Second, the device company loses.
Ouch! We just hate that.
But the case is interesting, so we’ll swallow hard, brush away our tears, and write it up.
A Medtronic sales representative offered to leave with a group of anesthesiologists free samples of “pain pump refill kits” used to refill a Medtronic pain pump. But the representative in fact left two “pain pump refill kits” and one “catheter access kit” with the anesthesiologists. The pain kits are used for pain management, but the catheter kits are mainly a diagnostic tool and allegedly should not have been delivered to an anesthesiology department.

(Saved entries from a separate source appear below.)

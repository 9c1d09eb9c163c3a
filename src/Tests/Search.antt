-- ===== src/Tests/Search.antt =====
-- Examples of the theorems on processors and on the choice of engines.
use opencode_optimised_tooli.Results.Ordered.{add_unresponsive_engine}
use opencode_optimised_tooli.Prelude.{
  Option, [], arith, false, lookup, none, refl, some, true, ℕ, ◌∷◌, ◌≡◌, ◌≤◌, list_eq, nat_eq,
  pair_eq, string_eq,
}
use opencode_optimised_tooli.Results.Container.Laws.{state_of}
use opencode_optimised_tooli.Search.Suspended.{BanTimes, is_suspended, suspend, resume}
use opencode_optimised_tooli.Search.Processor.{
  EngineInfo, Processor, message, SearchQuery, RequestParams, handle_exception, extend_container,
  error_message,
}
use opencode_optimised_tooli.Search.Processor.Laws.{
  Treats, handle_exception_bans, extend_container_resumes,
}
use opencode_optimised_tooli.Search.Requests.{adjust_timeout, get_requests}
use opencode_optimised_tooli.Search.Requests.Laws.{Sound, adjust_timeout_bounds, get_requests-Sound}
use opencode_optimised_tooli.Tests.Results.{env, container}

abbrev pub times : BanTimes
times = record { max_ban = 120; ban_fail = 5 }

abbrev pub ddg_engine : EngineInfo
ddg_engine = record {
  name = "ddg";
  paging = true;
  max_page = 0;
  time_range_support = false;
  timeout = 3;
  language = "";
}

abbrev pub ddg_processor : Processor
ddg_processor = record {
  engine = ddg_engine;
  suspended_status = record { continuous_errors = 0; suspend_end_time = 0; suspend_reason = "" };
}

abbrev pub second_page : SearchQuery
second_page = record {
  query = "antt";
  engineref_list = ("ddg", "general") ∷ ("gone", "general") ∷ [];
  lang = "all";
  safesearch = 0;
  pageno = 2;
  time_range = none;
  timeout_limit = some 2;
  external_bang = none;
  engine_data = [];
}

abbrev params : RequestParams
params = record {
  query = "antt";
  category = "general";
  pageno = 2;
  safesearch = 0;
  time_range = none;
  engine_data = [];
  searxng_locale = "all";
  language = "all";
}

abbrev banned : Processor
banned = record ddg_processor {
  suspended_status = record {
    continuous_errors = 1;
    suspend_end_time = 105;
    suspend_reason = "timeout";
  };
}

handle_exception_bans_example : Treats env times true 100 (message "timeout") ddg_processor banned
unfolding handle_exception lookup add_unresponsive_engine suspend error_message
handle_exception_bans_example =
    handle_exception_bans env times 100 (record container { closed = true })
      (record container { closed = true }) (message "timeout") true ddg_processor banned refl

extend_container_resumes_example :
    (is_suspended 7 ddg_processor.suspended_status ≡ false)
    × (ddg_processor.suspended_status.continuous_errors ≡ 0)
unfolding extend_container resume
extend_container_resumes_example =
    extend_container_resumes env times 6 7 container container 1 1 none banned ddg_processor refl
      (omega arith)

abbrev at_most : Option ℕ
at_most = some 10

abbrev asked_for : Option ℕ
asked_for = some 2

adjust_timeout_bounds_example :
    ((m : ℕ) → at_most ≡ some m → adjust_timeout 3 at_most asked_for ≤ m)
    × ((t : ℕ) → asked_for ≡ some t → adjust_timeout 3 at_most asked_for ≤ t)
    × (at_most ≡ none → adjust_timeout 3 at_most asked_for ≤ 3)
adjust_timeout_bounds_example = adjust_timeout_bounds 3 at_most asked_for

get_requests-Sound_example :
    Sound env times 10 7
      (("ddg", ddg_processor) ∷ [])
      second_page
      (state_of (
        get_requests env times 10 7
          (("ddg", ddg_processor) ∷ [])
          (some 10)
          second_page
          container)).0
get_requests-Sound_example =
    get_requests-Sound env times 10 7 (("ddg", ddg_processor) ∷ []) second_page (some 10) container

On April 15, 2005, an anesthesiologist tried to refill Kathy Cober’s pain pump. But a nurse picked out the “catheter access kit” and gave it to the doctor. When the doctor used that kit to try to refill the pain pump, he caused an overdose.
Lawsuit!
The hospital and physician group settled the case with Ms. Cober’s family and then sued Medtronic for contribution, to recover part of the cost of the settlement. William Beaumont Hospital v. Medtronic, Inc., No. 09-CV-11941, 2009 U.S. Dist. LEXIS 77860 (E.D. Mich. Aug. 31, 2009). Medtronic moved to dismiss on the ground that the hospital and physician group had not sufficiently pleaded the elements of a contribution claim.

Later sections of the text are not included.